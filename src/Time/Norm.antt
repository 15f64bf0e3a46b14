-- ===== src/Time/Norm.antt =====
-- `ubx_ts_norm` keeps the instant and brings it into the one normal form.
use microblx.Base.{◌≡◌, ◌-◌, ◌+◌, ◌*◌, ◌<◌, arith, ◌⊎◌}
use microblx.Base.Int.{
  ℤ, pos, negsuc, pos_part, neg_part, ◌+ℤ◌, ◌-ℤ◌, ◌*ℤ◌, quot_parts, rem_parts, *ℤ_parts,
  eq_of_parts, +ℤ_parts, abs,
}
use microblx.Time.{Timespec, nsec_per_sec, carry_over, carry_under, borrow_sec, return_sec, ts_norm}

-- The instant in nanoseconds.
abbrev pub total : Timespec → ℤ
total ts = ts.sec *ℤ pos nsec_per_sec +ℤ ts.nsec

-- Seconds and nanoseconds do not differ in sign, and the nanoseconds are below one second.
pub record IsNormal (ts : Timespec) : Type 0 where
  pub small : abs ts.nsec < nsec_per_sec
  pub signs :
      ((neg_part ts.sec ≡ 0) × (neg_part ts.nsec ≡ 0))
      ⊎ ((pos_part ts.sec ≡ 0) × (pos_part ts.nsec ≡ 0))

-- The instant as an equation between natural numbers.
abbrev Same : Timespec → Timespec → Type 0
Same a b =
    pos_part a.sec * nsec_per_sec
      + pos_part a.nsec
      + neg_part b.sec * nsec_per_sec
      + neg_part b.nsec
    ≡ pos_part b.sec * nsec_per_sec
      + pos_part b.nsec
      + neg_part a.sec * nsec_per_sec
      + neg_part a.nsec

carry_over-Same : (ts : Timespec) → Same (carry_over ts) ts
unfolding carry_over ◌+ℤ◌
carry_over-Same ts =
    ground (arith, quot_parts ts.nsec nsec_per_sec, rem_parts ts.nsec (pos nsec_per_sec))

carry_under-Same : (ts : Timespec) → Same (carry_under ts) ts
unfolding carry_under ◌+ℤ◌
carry_under-Same ts =
    ground (arith, quot_parts ts.nsec nsec_per_sec, rem_parts ts.nsec (negsuc (nsec_per_sec - 1)))

borrow_sec-Same : (ts : Timespec) → Same (borrow_sec ts) ts
unfolding borrow_sec ◌+ℤ◌ ◌-ℤ◌
borrow_sec-Same ts = ground arith

return_sec-Same : (ts : Timespec) → Same (return_sec ts) ts
unfolding return_sec ◌+ℤ◌ ◌-ℤ◌
return_sec-Same ts = ground arith

ts_norm-Same : (ts : Timespec) → Same (ts_norm ts) ts
unfolding ts_norm
ts_norm-Same ts =
    let a = carry_over ts in
    let b = carry_under a in
    let c = borrow_sec b in
    omega (arith, carry_over-Same ts, carry_under-Same a, borrow_sec-Same b, return_sec-Same c)

-- `ubx_ts_norm` keeps the instant that a timespec stands for, whatever its members.
pub total-ts_norm : (ts : Timespec) → total (ts_norm ts) ≡ total ts
total-ts_norm ts = omega (arith, +ℤ_parts, *ℤ_parts, eq_of_parts, ts_norm-Same ts)

carried : (ts : Timespec) → abs (carry_under (carry_over ts)).nsec < nsec_per_sec
unfolding carry_over carry_under ◌+ℤ◌
carried ts = ground (
  arith,
  rem_parts ts.nsec (pos nsec_per_sec),
  rem_parts ts.nsec (negsuc (nsec_per_sec - 1)),
  rem_parts (carry_over ts).nsec (negsuc (nsec_per_sec - 1)),
)

settled : (ts : Timespec) → abs ts.nsec < nsec_per_sec → IsNormal (return_sec (borrow_sec ts))
unfolding borrow_sec return_sec ◌+ℤ◌ ◌-ℤ◌
settled ts h = ground arith

-- Whatever its members, `ubx_ts_norm` leaves a timespec in normal form.
pub ts_norm-IsNormal : (ts : Timespec) → IsNormal (ts_norm ts)
unfolding ts_norm
ts_norm-IsNormal ts = settled (carry_under (carry_over ts)) (carried ts)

(Work task) Scan the entries above and work out how many lines include the word "IsNormal"; the reply is that number alone.

(Response to this task) 4